All records are to be retyped faithfully and completely.

[Dataset extract]

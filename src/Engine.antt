-- ===== src/Engine.antt =====
-- The engine service behind backend/app/services/engine_client.py, which reaches Telegram over HTTP.
-- Its answers are a parameter: each request may be answered in any way that the client's callers
-- read, and `none` is the exception EngineUnavailable. The first argument counts the requests made
-- before, so that two equal requests may be answered differently.
use telegram_marketing_crm.Prelude.{ℕ, Bool, Option, ◌⊎◌}
use telegram_marketing_crm.Prelude.Text.{Text}
use telegram_marketing_crm.Models.Account.{Account, Proxy}
use telegram_marketing_crm.Models.Destination.{MembershipState, DestinationType}
use telegram_marketing_crm.Models.Contact.{ResolutionStatus}

-- `{"sent": ..., "error": ...}`; a missing key is `none`.
pub record SendReply : Type 0 where
  pub sent : Bool
  pub error : Option Text

-- `{"state": ..., "method": ..., "error": ..., "detail": ...}`.
pub record AddReply : Type 0 where
  pub state : Option MembershipState
  pub method : Option Text
  pub error : Option Text
  pub detail : Option Text

-- `{"user_id": ..., "status": ...}` of a lookup by username or phone.
pub record ResolveReply : Type 0 where
  pub user_id : Option ℕ
  pub status : Option ResolutionStatus

-- `{"title": ..., "tg_entity_id": ..., "type": ...}`.
pub record DestinationReply : Type 0 where
  pub title : Option Text
  pub tg_entity_id : Option ℕ
  pub destination_type : Option DestinationType

-- `{"name": ..., "username": ...}` of a bot.
pub record BotReply : Type 0 where
  pub name : Option Text
  pub username : Option Text

-- `{"sent": ..., "error": ...}` of a message between warming accounts.
pub record WarmupReply : Type 0 where
  pub sent : Option Bool
  pub error : Option Text

pub record Engine : Type 0 where
  pub send_message : ℕ → ℕ → Account → Option Proxy → Text → Text → Option SendReply
  pub add_member : ℕ → ℕ → Account → Option Proxy → ℕ → Text → Option AddReply
  pub resolve_username : ℕ → ℕ → Account → Option Proxy → Text → Option ResolveReply
  pub resolve_phone : ℕ → ℕ → Account → Option Proxy → Text → Option ResolveReply
  pub resolve_destination : ℕ → ℕ → Account → Option Proxy → Text → Option DestinationReply
  -- Of the two for warming accounts, what is left is the text of the exception.
  pub warmup_join : ℕ → ℕ → Account → Option Proxy → Text → Option Text
  pub warmup_send : ℕ → ℕ → Account → Option Proxy → Text → Text → Text ⊎ WarmupReply
  pub bot_info : ℕ → Text → Option BotReply
  pub bot_start : ℕ → ℕ → Text → Option BotReply
  pub bot_stop : ℕ → ℕ → Text → Bool
  pub bot_send : ℕ → ℕ → Text → ℕ → Text → Bool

[/Dataset extract]

(Your solution)
filename src/Engine.antt
-- ===== src/Engine.antt =====
-- The engine service behind backend/app/services/engine_client.py, which reaches Telegram over HTTP.
-- Its answers are a parameter: each request may be answered in any way that the client's callers
-- read, and `none` is the exception EngineUnavailable. The first argument counts the requests made
-- before, so that two equal requests may be answered differently.
use telegram_marketing_crm.Prelude.{ℕ, Bool, Option, ◌⊎◌}
use telegram_marketing_crm.Prelude.Text.{Text}
use telegram_marketing_crm.Models.Account.{Account, Proxy}
use telegram_marketing_crm.Models.Destination.{MembershipState, DestinationType}
use telegram_marketing_crm.Models.Contact.{ResolutionStatus}

-- `{"sent": ..., "error": ...}`; a missing key is `none`.
pub record SendReply : Type 0 where
  pub sent : Bool
  pub error : Option Text

-- `{"state": ..., "method": ..., "error": ..., "detail": ...}`.
pub record AddReply : Type 0 where
  pub state : Option MembershipState
  pub method : Option Text
  pub error : Option Text
  pub detail : Option Text

-- `{"user_id": ..., "status": ...}` of a lookup by username or phone.
pub record ResolveReply : Type 0 where
  pub user_id : Option ℕ
  pub status : Option ResolutionStatus

-- `{"title": ..., "tg_entity_id": ..., "type": ...}`.
pub record DestinationReply : Type 0 where
  pub title : Option Text
  pub tg_entity_id : Option ℕ
  pub destination_type : Option DestinationType

-- `{"name": ..., "username": ...}` of a bot.
pub record BotReply : Type 0 where
  pub name : Option Text
  pub username : Option Text

-- `{"sent": ..., "error": ...}` of a message between warming accounts.
pub record WarmupReply : Type 0 where
  pub sent : Option Bool
  pub error : Option Text

pub record Engine : Type 0 where
  pub send_message : ℕ → ℕ → Account → Option Proxy → Text → Text → Option SendReply
  pub add_member : ℕ → ℕ → Account → Option Proxy → ℕ → Text → Option AddReply
  pub resolve_username : ℕ → ℕ → Account → Option Proxy → Text → Option ResolveReply
  pub resolve_phone : ℕ → ℕ → Account → Option Proxy → Text → Option ResolveReply
  pub resolve_destination : ℕ → ℕ → Account → Option Proxy → Text → Option DestinationReply
  -- Of the two for warming accounts, what is left is the text of the exception.
  pub warmup_join : ℕ → ℕ → Account → Option Proxy → Text → Option Text
  pub warmup_send : ℕ → ℕ → Account → Option Proxy → Text → Text → Text ⊎ WarmupReply
  pub bot_info : ℕ → Text → Option BotReply
  pub bot_start : ℕ → ℕ → Text → Option BotReply
  pub bot_stop : ℕ → ℕ → Text → Bool
  pub bot_send : ℕ → ℕ → Text → ℕ → Text → Bool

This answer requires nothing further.